Director of National Intelligence Dan Coats appeared in front of the Senate Intelligence Committee this morning where he reiterated the intelligence community's assessment that North Korea will never disarm.
Coats acknowledged that North Korea has made some public gestures that imply good faith but, at the end of the day, they've also seen evidence that the north's weapons program is still active.
Coats said North Korea has halted its provocative behavior related to weapons of mass destruction, has not conducted any nuclear missile tests in more than a year and has dismantled some of its nuclear infrastructure. [...]
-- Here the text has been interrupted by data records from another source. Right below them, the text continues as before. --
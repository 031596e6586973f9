-- ===== src/Tests/Cluster.antt =====
-- The theorem on the exchange of a cluster at a concrete input: three servers, of which this one
-- waits for two transactions, of one server each.
use neu_chain.Prelude.{ℕ, ◌≡◌, refl, some, List, [], ◌∷◌, map, ◌==◌, arith}
use neu_chain.HashMap.{find}
use neu_chain.Transaction.{commit, abort_no_retry}
use neu_chain.Aggregation.Broadcaster.{
  Broadcaster, Aggregated, add_listen_transaction, add_broadcast_transaction, exchange_of,
  aggregate_transaction,
}
use neu_chain.Aggregation.Entries.{Entries, flat, taken}
use neu_chain.Aggregation.Agrees.{Awaited, calls_for, aggregate_transaction-Takes}
use neu_chain.Tests.Data.{copy, set_of}
use neu_chain.Tests.Wire.{plain}

abbrev pub nobody : Broadcaster
nobody = record {
  local_id = 0;
  total_server_count = 3;
  broadcast_epoch = 3;
  listen = λ e. [];
  broadcast = λ e. [];
}

abbrev listening : Broadcaster
listening =
    add_broadcast_transaction (copy 3 "e" "f")
      (add_listen_transaction (copy 2 "c" "d") (add_listen_transaction (copy 1 "a" "b") nobody))

abbrev found : List Entries
found =
    ((1, record (copy 1 "a" "b") { rw_set = set_of "a" "b" "a"; result = commit }) ∷ [])
    ∷ ((2, record (copy 2 "c" "d") { result = abort_no_retry }) ∷ [])
    ∷ []

awaited : Awaited (listening.listen 4) (flat found)
unfolding find neu_chain.HashMap.erase
awaited = ((copy 1 "a" "b", refl, refl), ((copy 2 "c" "d", refl, refl), tt))

aggregate_transaction-Takes_example :
    (a : Aggregated plain) × (aggregate_transaction plain 4
        (map (exchange_of plain 4) found)
        listening
      ≡ some (some a))
    × ((k : ℕ)
        → find ◌==◌ k a.received
          ≡ taken (find ◌==◌ k (flat found)) (find ◌==◌ k (listening.listen 4)))
    × (a.buffered ≡ calls_for (flat found))
    × (a.sent ≡ exchange_of plain 4 (listening.broadcast 4))
    × (a.after.broadcast_epoch ≡ 4)
unfolding neu_chain.Aggregation.Broadcaster.insert_ordered
aggregate_transaction-Takes_example =
    aggregate_transaction-Takes plain 4 found listening (λ p. ground (arith, p))
      ((λ p. ground (arith, p), tt), (tt, tt)) awaited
“Having said that, we currently assess that North Korea will seek to retain its WMD capabilities and is unlikely to completely give up its nuclear weapons and production capabilities because its leaders ultimately view nuclear weapons as critical to regime survival,” Coats said.
“Our assessment is bolstered by our observations of some activity that is inconsistent with full denuclearization,” he said.
In other words, military (and some commercial) satellites have seen everything the North Koreans are doing.
Trump recently accepted an invitation to attend another summit with North Korean leader Kim Jong-un, but it probably goes without saying that no one should expect their next meeting will be any more substantive than their first meeting was.
The clock is ticking toward the next presidential election and we've been given plenty of reason to think Kim Jong-un will easily string Trump along with vague promises in exchange for legitimacy until he's out of office in 2021.
Democratic presidential contenders should take this problem seriously because it's going to be their problem if they win. And there are no easy answers.